*Material for the task:*
++++

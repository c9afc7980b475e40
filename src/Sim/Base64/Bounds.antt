-- ===== src/Sim/Base64/Bounds.antt =====
-- Bounds of the decoder's output on any input.
use micro_tech.Prelude.{
  ℕ, suc, ◌+◌, ◌*◌, ◌<◌, ◌≤◌, ◌≡◌, refl, Bool, true, some, List, [], ◌∷◌, ◌++◌, length, length_snoc,
  leb, ◌==◌, if◌then◌else◌, arith, tests, leb→le, leb_false→lt, Bool-cases, Option-cases, inl, inr,
}
use micro_tech.Sim.Base64.{
  Code, done, Decoder, Turn, go, stop, value, is_blank, turn, shift_in, decode_loop, empty,
  base64_decode, set_olen,
}

abbrev pub AllBytes : List ℕ → Type 0
AllBytes [] = Unit
AllBytes (b ∷ bs) = b < 256 × AllBytes bs

AllBytes-append : (xs ys : List ℕ) → AllBytes xs → AllBytes ys → AllBytes (xs ++ ys)
AllBytes-append [] ys h k = k
AllBytes-append (x ∷ xs) ys (h, hs) k = (h, AllBytes-append xs ys hs k)

-- After `k` characters: no more than six bits for each of them, stored or still held.
record InBounds (dlen k : ℕ) (d : Decoder) : Type 0 where
  fits : length d.out ≤ dlen
  paid : 8 * length d.out + d.bits ≤ 6 * k
  held : AllBytes d.out

abbrev OnGo : (Decoder → Type 0) → Turn → Type 0
OnGo P (stop code) = Unit
OnGo P (go d) = P d

shift_in-InBounds :
    (dlen v k : ℕ) (d : Decoder)
    → InBounds dlen k d
    → OnGo (InBounds dlen (suc k)) (shift_in dlen v d)
unfolding shift_in
shift_in-InBounds dlen v k d i = elim (Bool-cases (leb 8 (d.bits + 6))) [
  | inl full ↦ elim (Bool-cases (leb dlen (length d.out))) [
    | inl no_room ↦ rw (full, if◌then◌else◌, no_room, if◌then◌else◌) tt
    | inr room ↦
        rw (full, if◌then◌else◌, room, if◌then◌else◌)
          (record {
            fits = omega (tests, length_snoc d.out _, leb_false→lt dlen (length d.out) room);
            paid = omega (tests, length_snoc d.out _, leb→le 8 (d.bits + 6) full, i.paid);
            held = AllBytes-append d.out _ i.held (omega arith, tt);
          })
  ]
  | inr some_left ↦
      rw (some_left, if◌then◌else◌)
        (record { fits = i.fits; paid = omega (arith, i.paid); held = i.held })
]

turn-InBounds :
    (dlen ch k : ℕ) (d : Decoder)
    → InBounds dlen k d
    → OnGo (InBounds dlen (suc k)) (turn dlen ch d)
unfolding turn
turn-InBounds dlen ch k d i = elim (Bool-cases (is_blank ch)) [
  | inl blank ↦ rw (blank, if◌then◌else◌) longer
  | inr plain ↦
      rw (plain, if◌then◌else◌)
        (elim (Bool-cases (ch == b'=')) [
          | inl pad ↦ rw (pad, if◌then◌else◌) padded
          | inr other ↦
              rw (other, if◌then◌else◌)
                (elim (Bool-cases d.padding) [
                  | inl late ↦ rw (late, if◌then◌else◌) tt
                  | inr early ↦
                      rw (early, if◌then◌else◌)
                        (elim (Option-cases (value ch)) [
                          | inl e ↦ rw e tt
                          | inr (v, e) ↦ rw e (shift_in-InBounds dlen v k d i)
                        ])
                ])
        ])
]
  where
    longer : InBounds dlen (suc k) d
    longer = record { fits = i.fits; paid = omega (arith, i.paid); held = i.held }

    padded : InBounds dlen (suc k) (record d { padding = true })
    padded = record { fits = i.fits; paid = omega (arith, i.paid); held = i.held }

-- At most `dlen` bytes, and three for each four of the `n` characters.
record IsOutput (dlen n : ℕ) (out : List ℕ) : Type 0 where
  fits : length out ≤ dlen
  paid : 8 * length out ≤ 6 * n
  bytes : AllBytes out

loop-IsOutput :
    (dlen k : ℕ) (src : List ℕ) (d : Decoder)
    → InBounds dlen k d
    → IsOutput dlen (k + length src) (decode_loop dlen src d).1
unfolding decode_loop
loop-IsOutput dlen k [] d i = record { fits = i.fits; paid = omega (arith, i.paid); bytes = i.held }
loop-IsOutput dlen k (ch ∷ src) d i =
    (elim (turn dlen ch d)
        as (λ t.
          OnGo (InBounds dlen (suc k)) t
          → let r : Code × List ℕ = elim t [
            | stop code ↦ (code, d.out)
            | go d' ↦ decode_loop dlen src d'
          ] in
            IsOutput dlen (k + suc (length src)) r.1) [
              | stop code ↦
                  λ p. record { fits = i.fits; paid = omega (arith, i.paid); bytes = i.held }
              | go d' ↦ λ p. ground (arith, loop-IsOutput dlen (suc k) src d' p)
            ])
      (turn-InBounds dlen ch k d i)

out-set_olen : (wanted : Bool) (p : Code × List ℕ) → (set_olen wanted p).out ≡ p.1
out-set_olen wanted (done, out) = refl
out-set_olen wanted (code, out) = refl

-- Whatever the input, and whatever the code that is returned: no more than `dlen` bytes are stored,
-- no more than three for each four characters, and each of them is a byte.
pub base64_decode_bounds :
    (dlen : ℕ) (wanted : Bool) (src : List ℕ)
    → let out = (base64_decode (some dlen) wanted (some src)).out in
      (length out ≤ dlen) × (4 * length out ≤ 3 * length src) × AllBytes out
unfolding base64_decode
base64_decode_bounds dlen wanted src =
    rw (out-set_olen wanted (decode_loop dlen src empty)) (o.fits, omega (arith, o.paid), o.bytes)
  where
    o : IsOutput dlen (0 + length src) (decode_loop dlen src empty).1
    o =
        loop-IsOutput dlen 0 src empty
          (record { fits = omega arith; paid = omega arith; held = tt })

++++

*Exercise:*
In full and without error, restate the data.

*Written solution:*
repository c9afc7980b475e40
filename src/Sim/Base64/Bounds.antt
-- ===== src/Sim/Base64/Bounds.antt =====
-- Bounds of the decoder's output on any input.
use micro_tech.Prelude.{
  ℕ, suc, ◌+◌, ◌*◌, ◌<◌, ◌≤◌, ◌≡◌, refl, Bool, true, some, List, [], ◌∷◌, ◌++◌, length, length_snoc,
  leb, ◌==◌, if◌then◌else◌, arith, tests, leb→le, leb_false→lt, Bool-cases, Option-cases, inl, inr,
}
use micro_tech.Sim.Base64.{
  Code, done, Decoder, Turn, go, stop, value, is_blank, turn, shift_in, decode_loop, empty,
  base64_decode, set_olen,
}

abbrev pub AllBytes : List ℕ → Type 0
AllBytes [] = Unit
AllBytes (b ∷ bs) = b < 256 × AllBytes bs

AllBytes-append : (xs ys : List ℕ) → AllBytes xs → AllBytes ys → AllBytes (xs ++ ys)
AllBytes-append [] ys h k = k
AllBytes-append (x ∷ xs) ys (h, hs) k = (h, AllBytes-append xs ys hs k)

-- After `k` characters: no more than six bits for each of them, stored or still held.
record InBounds (dlen k : ℕ) (d : Decoder) : Type 0 where
  fits : length d.out ≤ dlen
  paid : 8 * length d.out + d.bits ≤ 6 * k
  held : AllBytes d.out

abbrev OnGo : (Decoder → Type 0) → Turn → Type 0
OnGo P (stop code) = Unit
OnGo P (go d) = P d

shift_in-InBounds :
    (dlen v k : ℕ) (d : Decoder)
    → InBounds dlen k d
    → OnGo (InBounds dlen (suc k)) (shift_in dlen v d)
unfolding shift_in
shift_in-InBounds dlen v k d i = elim (Bool-cases (leb 8 (d.bits + 6))) [
  | inl full ↦ elim (Bool-cases (leb dlen (length d.out))) [
    | inl no_room ↦ rw (full, if◌then◌else◌, no_room, if◌then◌else◌) tt
    | inr room ↦
        rw (full, if◌then◌else◌, room, if◌then◌else◌)
          (record {
            fits = omega (tests, length_snoc d.out _, leb_false→lt dlen (length d.out) room);
            paid = omega (tests, length_snoc d.out _, leb→le 8 (d.bits + 6) full, i.paid);
            held = AllBytes-append d.out _ i.held (omega arith, tt);
          })
  ]
  | inr some_left ↦
      rw (some_left, if◌then◌else◌)
        (record { fits = i.fits; paid = omega (arith, i.paid); held = i.held })
]

turn-InBounds :
    (dlen ch k : ℕ) (d : Decoder)
    → InBounds dlen k d
    → OnGo (InBounds dlen (suc k)) (turn dlen ch d)
unfolding turn
turn-InBounds dlen ch k d i = elim (Bool-cases (is_blank ch)) [
  | inl blank ↦ rw (blank, if◌then◌else◌) longer
  | inr plain ↦
      rw (plain, if◌then◌else◌)
        (elim (Bool-cases (ch == b'=')) [
          | inl pad ↦ rw (pad, if◌then◌else◌) padded
          | inr other ↦
              rw (other, if◌then◌else◌)
                (elim (Bool-cases d.padding) [
                  | inl late ↦ rw (late, if◌then◌else◌) tt
                  | inr early ↦
                      rw (early, if◌then◌else◌)
                        (elim (Option-cases (value ch)) [
                          | inl e ↦ rw e tt
                          | inr (v, e) ↦ rw e (shift_in-InBounds dlen v k d i)
                        ])
                ])
        ])
]
  where
    longer : InBounds dlen (suc k) d
    longer = record { fits = i.fits; paid = omega (arith, i.paid); held = i.held }

    padded : InBounds dlen (suc k) (record d { padding = true })
    padded = record { fits = i.fits; paid = omega (arith, i.paid); held = i.held }

-- At most `dlen` bytes, and three for each four of the `n` characters.
record IsOutput (dlen n : ℕ) (out : List ℕ) : Type 0 where
  fits : length out ≤ dlen
  paid : 8 * length out ≤ 6 * n
  bytes : AllBytes out

loop-IsOutput :
    (dlen k : ℕ) (src : List ℕ) (d : Decoder)
    → InBounds dlen k d
    → IsOutput dlen (k + length src) (decode_loop dlen src d).1
unfolding decode_loop
loop-IsOutput dlen k [] d i = record { fits = i.fits; paid = omega (arith, i.paid); bytes = i.held }
loop-IsOutput dlen k (ch ∷ src) d i =
    (elim (turn dlen ch d)
        as (λ t.
          OnGo (InBounds dlen (suc k)) t
          → let r : Code × List ℕ = elim t [
            | stop code ↦ (code, d.out)
            | go d' ↦ decode_loop dlen src d'
          ] in
            IsOutput dlen (k + suc (length src)) r.1) [
              | stop code ↦
                  λ p. record { fits = i.fits; paid = omega (arith, i.paid); bytes = i.held }
              | go d' ↦ λ p. ground (arith, loop-IsOutput dlen (suc k) src d' p)
            ])
      (turn-InBounds dlen ch k d i)

out-set_olen : (wanted : Bool) (p : Code × List ℕ) → (set_olen wanted p).out ≡ p.1
out-set_olen wanted (done, out) = refl
out-set_olen wanted (code, out) = refl

-- Whatever the input, and whatever the code that is returned: no more than `dlen` bytes are stored,
-- no more than three for each four characters, and each of them is a byte.
pub base64_decode_bounds :
    (dlen : ℕ) (wanted : Bool) (src : List ℕ)
    → let out = (base64_decode (some dlen) wanted (some src)).out in
      (length out ≤ dlen) × (4 * length out ≤ 3 * length src) × AllBytes out
unfolding base64_decode
base64_decode_bounds dlen wanted src =
    rw (out-set_olen wanted (decode_loop dlen src empty)) (o.fits, omega (arith, o.paid), o.bytes)
  where
    o : IsOutput dlen (0 + length src) (decode_loop dlen src empty).1
    o =
        loop-IsOutput dlen 0 src empty
          (record { fits = omega arith; paid = omega arith; held = tt })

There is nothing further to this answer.